Asking the Nurse Consultant SIG
So the question asked to the Consultant Nurses SIG – “What local intermediate care services (ICS) are available for older people with mental health needs?” gathered a response highlighting a great variability and again some room for improvement. Around the country we witness a disparity in service provision: from no services at all, other than parallel running generic ICS and separate specialist community mental health teams (CMHT), common in many areas, to a few services often having a community psychiatric nurse (CPN) working within the ICS. The other genera of service configuration, and least common, exist through the provision of a specialist older people’s mental health intermediate care teams.

In no way claiming to have any scientific standing, this SIG’s responses highlight a range of local services that have grown to meet local population needs. Those integrated services that have specialist workers embedded within ICS, who provide both a clinical and educative role function for the ICS meet the integrative framework set out in ‘Everybody’s Business’ (DH/CSIP 2006) and needs to be on the radar for all service commissioners when looking at the future configuration of intermediate care. This has been our local response in Leicestershire and Rutland and in creating the posts we have realised how early assessment and intervention for a patients group who would not meet ‘specialist services’ criteria, but who have significant mental health needs alongside physical rehabilitative need, benefit from the skills and interventions of expert specialist staff.

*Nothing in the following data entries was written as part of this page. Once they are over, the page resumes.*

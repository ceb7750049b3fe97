-- ===== src/Ui/AlarmModel/Counts.antt =====
-- The counters of the alarm model and the signals that announce them.
use forge_sight.Prelude.{
  ◌≡◌, refl, inl, inr, ℕ, zero, suc, ◌+◌, Bool, true, false, not, Option, none, some, List, [], ◌∷◌,
  ℤ, Option-cases, get_elem?, set, length, arith, bool_ne, if◌then◌else◌,
}
use forge_sight.Ui.AlarmModel.{
  AlarmEntry, Signal, data_changed, unacknowledged_count_changed, find_alarm, add_alarm, overwrite,
  acknowledge, clear, unacknowledged_count, count_matching,
}
use forge_sight.Ui.AlarmModel.Rows.{lookup_alarm, mark_first, acknowledge-mark_first}

-- The list tells the views that the unacknowledged count may have changed.
unfoldable pub notifies : List Signal → Bool
notifies [] = false
notifies (unacknowledged_count_changed ∷ signals) = true
notifies (_ ∷ signals) = notifies signals

pub data Call (D : Type 0) : Type 0 where
  adds : AlarmEntry D → Call D
  acks : ℤ → Call D
  clears : Call D

module _ {D : Type 0} where
  abbrev pub call : Call D → List (AlarmEntry D) → List (AlarmEntry D) × List Signal
  call (adds a) alarms = add_alarm a alarms
  call (acks id) alarms = acknowledge id alarms
  call clears alarms = clear alarms

  -- 1 for an alarm that waits to be acknowledged.
  abbrev pub pending : Option (AlarmEntry D) → ℕ
  pending none = 0
  pending (some a) = if a.acknowledged then 0 else 1

  count-set :
      (alarms : List (AlarmEntry D)) (row : ℕ) (old a : AlarmEntry D)
      → get_elem? alarms row ≡ some old
      → old.acknowledged ≡ a.acknowledged
      → unacknowledged_count (set alarms row a) ≡ unacknowledged_count alarms
  unfolding unacknowledged_count
  count-set [] row old a e h = refl
  count-set (b ∷ alarms) zero old a e h = ground arith
  count-set (b ∷ alarms) (suc row) old a e h = ground (arith, count-set alarms row old a e h)

  same_flag :
      (row : ℕ) (old a : AlarmEntry D)
      → notifies (
          if bool_ne (not old.acknowledged) (not a.acknowledged)
          then data_changed row ∷ unacknowledged_count_changed ∷ []
          else data_changed row ∷ [])
        ≡ false
      → old.acknowledged ≡ a.acknowledged
  unfolding notifies
  same_flag row old a h = ground arith

  overwrite-notifies :
      (alarms : List (AlarmEntry D)) (row : ℕ) (a : AlarmEntry D)
      → notifies (overwrite alarms row a).1 ≡ false
      → unacknowledged_count (overwrite alarms row a).0 ≡ unacknowledged_count alarms
  unfolding overwrite notifies
  overwrite-notifies alarms row a h = elim (Option-cases (get_elem? alarms row)) [
    | inl e ↦ rw (e, overwrite)
    | inr (old, e) ↦
        rw (e, overwrite)
          (count-set alarms row old a e (same_flag row old a (rw (e, overwrite) at h)))
  ]

  -- No change goes unannounced: a call that does not signal the unacknowledged count leaves it as it
  -- was.
  pub unacknowledged_count_announced :
      (c : Call D) (alarms : List (AlarmEntry D))
      → notifies (call c alarms).1 ≡ false
      → unacknowledged_count (call c alarms).0 ≡ unacknowledged_count alarms
  unfolding add_alarm acknowledge clear notifies
  unacknowledged_count_announced (adds a) alarms h = elim (Option-cases (find_alarm a.id alarms)) [
    | inl e ↦ cc (rw (e, add_alarm) at h)
    | inr (row, e) ↦ rw (e, add_alarm) (overwrite-notifies alarms row a (rw (e, add_alarm) at h))
  ]
  unacknowledged_count_announced (acks id) alarms h = ground arith
  unacknowledged_count_announced clears [] h = refl
  unacknowledged_count_announced clears (a ∷ alarms) h = cc

  count-mark_first :
      (id : ℤ) (alarms : List (AlarmEntry D))
      → unacknowledged_count (mark_first id alarms) + pending (lookup_alarm id alarms)
        ≡ unacknowledged_count alarms
  unfolding unacknowledged_count mark_first lookup_alarm
  count-mark_first id [] = refl
  count-mark_first id (a ∷ alarms) = ground (arith, count-mark_first id alarms)

  -- Acknowledging lowers the unacknowledged count by one if the id has an alarm that was waiting,
  -- and leaves it as it was if the id has none or one that was acknowledged before.
  pub unacknowledged_count-acknowledge :
      (id : ℤ) (alarms : List (AlarmEntry D))
      → unacknowledged_count (acknowledge id alarms).0 + pending (lookup_alarm id alarms)
        ≡ unacknowledged_count alarms
  unacknowledged_count-acknowledge id alarms =
      rw (acknowledge-mark_first id alarms) (count-mark_first id alarms)

  -- With no severity given, `count_matching` counts every alarm, or every unacknowledged one.
  pub count_matching_any :
      (alarms : List (AlarmEntry D))
      → (count_matching alarms [] false ≡ length alarms)
        × (count_matching alarms [] true ≡ unacknowledged_count alarms)
  unfolding count_matching unacknowledged_count
  count_matching_any [] = (refl, refl)
  count_matching_any (a ∷ alarms) =
      let (all, waiting) = count_matching_any alarms in
      (ground (arith, all), ground (arith, waiting))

ICS should not discriminate against people with mental health problems, but how each locality prioritises and delivers this is often unclear. Clinically and strategically we need to be asking the question: What’s out there and how relevant is it for my patients?

Frazer Underwood RGN, MA.
Acting Deputy Director / Consultant Nurse – Services for Older People
University Hospitals of Leicester NHS Trust

References:
Department of Health (2005) Securing better mental health for older people. London: Department of Health

Department of Health / Care Services Improvement Partnership (2006) Everybody’s Business. London: Department of Health

National Audit Office (2007) Improving services and support for people with dementia. London: The Stationary Office.